> **Work to be completed**: The result should be every line in the material below containing the string "repository".

BEGIN Material to process

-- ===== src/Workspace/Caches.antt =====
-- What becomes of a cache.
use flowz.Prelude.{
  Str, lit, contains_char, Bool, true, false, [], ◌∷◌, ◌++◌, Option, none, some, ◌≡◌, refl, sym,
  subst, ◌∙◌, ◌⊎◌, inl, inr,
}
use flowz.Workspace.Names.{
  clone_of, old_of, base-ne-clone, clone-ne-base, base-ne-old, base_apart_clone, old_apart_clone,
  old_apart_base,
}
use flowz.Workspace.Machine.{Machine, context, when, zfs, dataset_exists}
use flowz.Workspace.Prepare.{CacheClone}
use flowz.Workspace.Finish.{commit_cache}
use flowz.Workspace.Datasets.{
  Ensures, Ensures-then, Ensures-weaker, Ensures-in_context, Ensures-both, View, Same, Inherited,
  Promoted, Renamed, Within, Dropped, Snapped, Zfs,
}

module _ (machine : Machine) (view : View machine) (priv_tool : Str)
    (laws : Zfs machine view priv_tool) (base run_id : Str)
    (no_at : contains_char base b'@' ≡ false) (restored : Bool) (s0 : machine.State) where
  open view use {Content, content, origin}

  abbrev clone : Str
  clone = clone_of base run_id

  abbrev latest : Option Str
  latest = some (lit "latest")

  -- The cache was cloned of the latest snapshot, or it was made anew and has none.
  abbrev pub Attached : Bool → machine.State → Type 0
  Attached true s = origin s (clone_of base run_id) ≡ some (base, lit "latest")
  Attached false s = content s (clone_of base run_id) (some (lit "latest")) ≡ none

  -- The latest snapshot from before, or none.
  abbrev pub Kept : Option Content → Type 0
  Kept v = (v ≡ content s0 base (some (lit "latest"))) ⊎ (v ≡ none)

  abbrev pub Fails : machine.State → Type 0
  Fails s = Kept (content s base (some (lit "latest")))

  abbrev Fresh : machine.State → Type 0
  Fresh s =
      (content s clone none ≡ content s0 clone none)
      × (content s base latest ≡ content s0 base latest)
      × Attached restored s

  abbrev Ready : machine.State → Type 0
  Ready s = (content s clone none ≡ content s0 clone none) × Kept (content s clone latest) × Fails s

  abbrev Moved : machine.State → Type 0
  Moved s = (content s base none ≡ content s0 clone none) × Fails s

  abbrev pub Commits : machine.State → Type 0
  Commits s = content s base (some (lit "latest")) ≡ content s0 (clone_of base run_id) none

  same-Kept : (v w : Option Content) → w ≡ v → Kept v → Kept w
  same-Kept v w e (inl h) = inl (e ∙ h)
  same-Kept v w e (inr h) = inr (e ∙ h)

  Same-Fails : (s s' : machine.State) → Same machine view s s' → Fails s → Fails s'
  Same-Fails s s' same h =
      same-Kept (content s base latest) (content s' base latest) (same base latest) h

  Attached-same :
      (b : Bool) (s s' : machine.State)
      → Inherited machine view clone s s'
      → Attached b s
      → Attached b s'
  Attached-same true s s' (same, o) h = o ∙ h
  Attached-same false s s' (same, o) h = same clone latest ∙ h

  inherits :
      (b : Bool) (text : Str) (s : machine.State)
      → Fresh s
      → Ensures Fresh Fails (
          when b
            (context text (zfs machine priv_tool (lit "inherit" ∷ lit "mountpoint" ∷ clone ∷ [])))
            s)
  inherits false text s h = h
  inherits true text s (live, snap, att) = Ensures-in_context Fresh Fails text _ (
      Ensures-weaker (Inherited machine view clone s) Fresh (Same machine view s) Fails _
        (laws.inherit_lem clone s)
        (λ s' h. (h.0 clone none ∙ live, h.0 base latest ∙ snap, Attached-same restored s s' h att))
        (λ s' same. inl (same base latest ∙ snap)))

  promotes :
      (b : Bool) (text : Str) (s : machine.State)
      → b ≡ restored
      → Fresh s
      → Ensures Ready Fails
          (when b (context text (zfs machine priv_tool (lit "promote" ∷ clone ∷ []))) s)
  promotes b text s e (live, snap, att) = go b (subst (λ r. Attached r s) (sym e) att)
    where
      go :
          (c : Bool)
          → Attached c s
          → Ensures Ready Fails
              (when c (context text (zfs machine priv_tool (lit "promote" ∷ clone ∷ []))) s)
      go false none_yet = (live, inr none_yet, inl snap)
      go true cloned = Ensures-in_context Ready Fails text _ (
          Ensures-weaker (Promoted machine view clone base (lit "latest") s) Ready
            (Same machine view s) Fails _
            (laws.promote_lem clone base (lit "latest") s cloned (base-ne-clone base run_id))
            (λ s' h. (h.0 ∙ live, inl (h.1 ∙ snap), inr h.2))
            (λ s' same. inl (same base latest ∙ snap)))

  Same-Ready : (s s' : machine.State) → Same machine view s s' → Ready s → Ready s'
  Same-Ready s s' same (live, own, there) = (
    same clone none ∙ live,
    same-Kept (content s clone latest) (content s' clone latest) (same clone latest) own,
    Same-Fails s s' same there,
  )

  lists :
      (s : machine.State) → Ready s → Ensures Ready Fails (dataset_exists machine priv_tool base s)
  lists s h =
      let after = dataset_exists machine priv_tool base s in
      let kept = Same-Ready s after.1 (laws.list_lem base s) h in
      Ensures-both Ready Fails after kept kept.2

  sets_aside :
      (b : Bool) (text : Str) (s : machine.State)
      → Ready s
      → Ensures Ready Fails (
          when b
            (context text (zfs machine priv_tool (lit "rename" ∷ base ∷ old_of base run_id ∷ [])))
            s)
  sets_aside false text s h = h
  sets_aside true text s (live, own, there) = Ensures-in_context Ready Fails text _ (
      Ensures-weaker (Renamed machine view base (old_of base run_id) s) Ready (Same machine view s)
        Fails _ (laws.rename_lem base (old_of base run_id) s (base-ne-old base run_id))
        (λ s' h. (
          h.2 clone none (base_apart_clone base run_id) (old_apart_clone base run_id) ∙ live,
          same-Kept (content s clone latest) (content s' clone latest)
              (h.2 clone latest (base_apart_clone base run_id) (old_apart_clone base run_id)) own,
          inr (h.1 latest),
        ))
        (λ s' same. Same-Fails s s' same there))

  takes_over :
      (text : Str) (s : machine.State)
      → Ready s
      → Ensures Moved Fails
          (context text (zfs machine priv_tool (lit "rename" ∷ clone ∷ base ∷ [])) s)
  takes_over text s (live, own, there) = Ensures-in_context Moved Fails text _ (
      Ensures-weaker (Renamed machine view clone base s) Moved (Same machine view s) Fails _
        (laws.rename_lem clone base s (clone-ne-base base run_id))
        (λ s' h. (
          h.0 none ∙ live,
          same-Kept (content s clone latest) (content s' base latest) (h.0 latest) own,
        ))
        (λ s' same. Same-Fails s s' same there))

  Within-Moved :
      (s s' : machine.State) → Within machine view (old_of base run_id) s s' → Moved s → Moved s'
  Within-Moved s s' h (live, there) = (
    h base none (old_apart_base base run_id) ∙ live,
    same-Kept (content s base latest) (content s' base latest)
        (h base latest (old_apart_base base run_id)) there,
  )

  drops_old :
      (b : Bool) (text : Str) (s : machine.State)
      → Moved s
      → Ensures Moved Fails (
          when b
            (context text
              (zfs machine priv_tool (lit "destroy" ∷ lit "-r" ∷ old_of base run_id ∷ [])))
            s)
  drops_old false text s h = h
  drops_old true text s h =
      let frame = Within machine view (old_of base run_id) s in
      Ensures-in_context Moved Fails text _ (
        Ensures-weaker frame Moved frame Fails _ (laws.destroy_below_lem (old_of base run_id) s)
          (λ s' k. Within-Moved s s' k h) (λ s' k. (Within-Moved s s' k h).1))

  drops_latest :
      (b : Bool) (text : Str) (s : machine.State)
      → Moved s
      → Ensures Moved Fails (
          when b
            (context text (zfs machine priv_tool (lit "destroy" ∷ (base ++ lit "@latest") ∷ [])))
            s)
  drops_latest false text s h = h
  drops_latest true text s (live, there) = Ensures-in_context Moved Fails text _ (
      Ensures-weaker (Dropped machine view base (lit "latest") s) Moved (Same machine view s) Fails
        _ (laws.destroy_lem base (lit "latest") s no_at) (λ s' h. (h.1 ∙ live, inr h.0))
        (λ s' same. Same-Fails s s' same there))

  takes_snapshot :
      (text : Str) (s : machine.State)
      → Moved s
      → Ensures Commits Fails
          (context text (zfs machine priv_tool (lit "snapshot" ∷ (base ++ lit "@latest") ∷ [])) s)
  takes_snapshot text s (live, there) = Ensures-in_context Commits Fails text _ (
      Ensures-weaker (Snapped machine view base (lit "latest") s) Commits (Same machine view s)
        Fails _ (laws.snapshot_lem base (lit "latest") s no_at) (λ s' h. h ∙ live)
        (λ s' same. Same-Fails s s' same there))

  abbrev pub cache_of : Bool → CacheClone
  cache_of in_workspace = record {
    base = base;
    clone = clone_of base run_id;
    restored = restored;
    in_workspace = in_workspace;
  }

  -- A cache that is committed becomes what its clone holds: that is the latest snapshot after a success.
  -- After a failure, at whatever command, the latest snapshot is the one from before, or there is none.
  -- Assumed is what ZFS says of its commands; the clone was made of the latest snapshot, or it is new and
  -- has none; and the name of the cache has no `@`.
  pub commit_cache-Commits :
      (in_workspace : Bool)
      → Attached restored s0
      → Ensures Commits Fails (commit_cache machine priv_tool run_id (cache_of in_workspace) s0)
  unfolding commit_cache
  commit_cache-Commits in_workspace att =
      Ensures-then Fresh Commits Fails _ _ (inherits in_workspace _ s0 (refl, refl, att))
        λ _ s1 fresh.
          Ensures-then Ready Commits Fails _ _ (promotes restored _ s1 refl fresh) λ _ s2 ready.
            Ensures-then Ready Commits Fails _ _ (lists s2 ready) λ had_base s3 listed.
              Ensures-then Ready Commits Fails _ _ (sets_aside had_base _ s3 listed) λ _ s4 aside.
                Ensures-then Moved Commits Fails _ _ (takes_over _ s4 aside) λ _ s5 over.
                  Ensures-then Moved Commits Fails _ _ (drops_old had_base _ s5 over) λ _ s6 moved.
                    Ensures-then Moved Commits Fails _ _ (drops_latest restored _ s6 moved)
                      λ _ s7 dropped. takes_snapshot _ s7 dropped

END Material to process
BEGIN Material to process

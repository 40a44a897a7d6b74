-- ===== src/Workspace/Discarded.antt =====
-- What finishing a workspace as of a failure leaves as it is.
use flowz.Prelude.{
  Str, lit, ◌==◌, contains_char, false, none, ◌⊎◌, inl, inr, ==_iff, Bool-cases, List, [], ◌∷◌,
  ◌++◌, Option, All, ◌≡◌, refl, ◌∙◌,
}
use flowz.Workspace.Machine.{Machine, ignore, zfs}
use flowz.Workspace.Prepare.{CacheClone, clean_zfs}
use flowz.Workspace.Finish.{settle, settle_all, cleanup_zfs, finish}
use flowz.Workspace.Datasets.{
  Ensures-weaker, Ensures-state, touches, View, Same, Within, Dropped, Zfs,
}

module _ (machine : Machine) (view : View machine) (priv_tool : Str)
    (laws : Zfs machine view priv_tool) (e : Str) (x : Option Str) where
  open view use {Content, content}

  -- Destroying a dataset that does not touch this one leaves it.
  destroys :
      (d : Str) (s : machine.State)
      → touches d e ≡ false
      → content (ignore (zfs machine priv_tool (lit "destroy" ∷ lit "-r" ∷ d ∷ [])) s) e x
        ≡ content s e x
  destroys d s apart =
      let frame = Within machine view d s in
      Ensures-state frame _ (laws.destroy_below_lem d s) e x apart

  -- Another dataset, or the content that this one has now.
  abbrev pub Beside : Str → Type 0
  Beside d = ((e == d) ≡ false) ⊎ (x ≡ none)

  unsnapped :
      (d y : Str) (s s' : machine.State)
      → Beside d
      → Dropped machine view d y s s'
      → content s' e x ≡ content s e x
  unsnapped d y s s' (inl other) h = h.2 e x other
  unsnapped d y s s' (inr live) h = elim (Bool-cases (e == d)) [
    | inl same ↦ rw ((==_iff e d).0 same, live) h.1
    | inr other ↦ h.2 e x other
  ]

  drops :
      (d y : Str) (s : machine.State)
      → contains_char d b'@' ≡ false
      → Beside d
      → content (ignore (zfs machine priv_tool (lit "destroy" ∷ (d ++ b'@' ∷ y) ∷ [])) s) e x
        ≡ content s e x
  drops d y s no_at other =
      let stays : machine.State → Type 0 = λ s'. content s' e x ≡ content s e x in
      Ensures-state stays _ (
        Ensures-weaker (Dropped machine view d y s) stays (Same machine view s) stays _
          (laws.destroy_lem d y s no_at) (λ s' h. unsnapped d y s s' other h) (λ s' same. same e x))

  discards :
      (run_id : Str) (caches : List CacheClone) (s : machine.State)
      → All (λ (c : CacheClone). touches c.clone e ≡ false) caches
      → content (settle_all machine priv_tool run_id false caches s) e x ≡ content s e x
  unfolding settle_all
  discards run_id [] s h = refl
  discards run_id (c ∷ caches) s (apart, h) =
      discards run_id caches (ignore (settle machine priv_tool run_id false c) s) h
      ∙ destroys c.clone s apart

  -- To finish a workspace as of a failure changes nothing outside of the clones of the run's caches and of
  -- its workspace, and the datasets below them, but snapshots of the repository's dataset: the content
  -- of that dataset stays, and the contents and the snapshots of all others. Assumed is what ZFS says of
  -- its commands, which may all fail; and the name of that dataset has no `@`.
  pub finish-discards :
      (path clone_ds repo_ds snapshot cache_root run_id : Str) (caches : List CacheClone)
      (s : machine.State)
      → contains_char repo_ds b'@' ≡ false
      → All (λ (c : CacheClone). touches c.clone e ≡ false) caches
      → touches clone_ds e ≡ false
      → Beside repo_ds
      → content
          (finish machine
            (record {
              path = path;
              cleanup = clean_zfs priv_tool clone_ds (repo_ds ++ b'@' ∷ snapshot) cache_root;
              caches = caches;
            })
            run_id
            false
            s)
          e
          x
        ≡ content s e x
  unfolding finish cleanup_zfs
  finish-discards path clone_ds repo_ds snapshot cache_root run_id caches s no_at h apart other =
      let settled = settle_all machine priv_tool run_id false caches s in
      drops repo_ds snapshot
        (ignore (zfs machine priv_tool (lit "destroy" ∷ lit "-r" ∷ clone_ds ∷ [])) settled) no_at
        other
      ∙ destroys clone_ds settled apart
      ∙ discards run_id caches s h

END Material to process

> **Expected answer**:
repository 40a44a897a7d6b74
  -- its workspace, and the datasets below them, but snapshots of the repository's dataset: the content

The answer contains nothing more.